# Kids Triathlon/Duathlon



## Yazzoo (20 Aug 2015)

Hi All,

My son, 7, has expressed an interest in attempting a duathlon/triathlon (swimming is weakest). I've never been involved in this world and don't know where to start. Does anyone know of any fun events for kids in Suffolk or maybe Norfolk/Essex? I'm thinking more 'it's all about the taking part' than competitive. To be honest I've no idea how he'd hold up against other kids his age and don't want him to be put off for life if the first one goes hugely wrong!

Any ideas?


----------



## summerdays (20 Aug 2015)

Why not contact your local group?
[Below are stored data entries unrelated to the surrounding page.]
-- ===== src/Regexp/Matching.antt =====
-- The match that takes as much as a class allows, and what becomes of a text that is one match.
use go_project.Base.{
  ℕ, zero, suc, ◌-◌, ◌≡◌, refl, List, [], ◌∷◌, ◌++◌, Option, none, some, true, false, length,
  length-append, take-append, arith, All, append-nil,
}
use mathlib.Core.Path.{subst}
use go_project.Text.{is_empty}
use go_project.Regexp.{
  Class, in_class, Re, Groups, Next, run_many, match_at, find_from, find_submatch, replace_from,
  replace_matches, consumed,
}

-- The code point before the end of a text, of which the one before is `prev`.
abbrev pub before_end : Option ℕ → List ℕ → Option ℕ
before_end prev [] = prev
before_end prev (c ∷ s) = before_end (some c) s

pub run_many_all :
    (cl : Class) (w : List ℕ) (d : ℕ) (rest : List ℕ) (prev : Option ℕ) (g : Groups) (next : Next)
    (x : List ℕ × Groups)
    → All (λ (c : ℕ). in_class cl c ≡ true) w
    → in_class cl d ≡ false
    → next (before_end prev w) (d ∷ rest) g ≡ some x
    → run_many cl prev (w ++ (d ∷ rest)) g next ≡ some x
unfolding run_many
run_many_all cl [] d rest prev g next x h e n = rw (e, run_many) n
run_many_all cl (c ∷ w) d rest prev g next x (k, h) e n =
    rw (k, run_many, run_many_all cl w d rest (some c) g next x h e n) refl

pub consumed-append : (a b : List ℕ) → consumed (a ++ b) b ≡ a
consumed-append a b =
    take-append (length (a ++ b) - length b) a b (omega (arith, length-append a b))

replace_from_rest :
    (re : Re) (f : List ℕ → Groups → List ℕ) (prev : Option ℕ) (n : ℕ) (s : List ℕ)
    → n ≡ length s
    → replace_from re f prev n s ≡ []
unfolding replace_from
replace_from_rest re f prev n [] e = refl
replace_from_rest re f prev zero (c ∷ s) e = absurd (omega (arith, e))
replace_from_rest re f prev (suc n) (c ∷ s) e =
    replace_from_rest re f (some c) n s (omega (arith, e))

whole_length : (c : ℕ) (s : List ℕ) → consumed (c ∷ s) [] ≡ c ∷ s
whole_length c s =
    subst (λ (t : List ℕ). consumed t [] ≡ c ∷ s) (append-nil (c ∷ s)) (consumed-append (c ∷ s) [])

-- A text that is one match.
pub replace_matches_whole :
    (re : Re) (f : List ℕ → Groups → List ℕ) (s : List ℕ) (g : Groups)
    → is_empty s ≡ false
    → match_at re none s ≡ some ([], g)
    → replace_matches re f s ≡ f s g
unfolding replace_matches replace_from
replace_matches_whole re f [] g e m = absurd (ground (arith, e))
replace_matches_whole re f (c ∷ s) g e m =
    rw
      (
        m,
        replace_from,
        whole_length c s,
        replace_from_rest re f (some c) (length s - 0) s (omega arith),
      )
      (append-nil (f (c ∷ s) g))

pub find_submatch_first :
    (re : Re) (s t : List ℕ) (g : Groups)
    → match_at re none s ≡ some (t, g)
    → find_submatch re s ≡ some g
unfolding find_submatch find_from
find_submatch_first re [] t g m = rw (m, find_from) refl
find_submatch_first re (c ∷ s) t g m = rw (m, find_from) refl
My children took part in one organised by the local triathlon group Badtri, through their primary school, with other schools. I think they made it as easy as possible to take part, and you didn't need to be a great swimmer. It was more about taking part rather than winning, in fact I'm not sure they're was an individual winner, and everyone received a medal.


----------



## Yazzoo (20 Aug 2015)

That would be great if there was a group local to us. I've sent a couple of emails to the nearest ones (1.5hrs+ away) but had no response


----------



## Tommy2 (21 Aug 2015)

Should be some info here
http://www.triathlonengland.org/take-part


----------



## Ian A (24 Aug 2015)

http://www.triathlonengland.org/take-part/clubs/find-a-club


----------



## Yazzoo (24 Aug 2015)

Thank you all, I've been in touch with a very helpful lady and we're going along for a taster session this Wednesday evening, he's unbelievably excited!


----------



## Chris432626 (29 Aug 2015)

I think Castle Triathlon do some kids events. Hever in Kent next month is one of them.


----------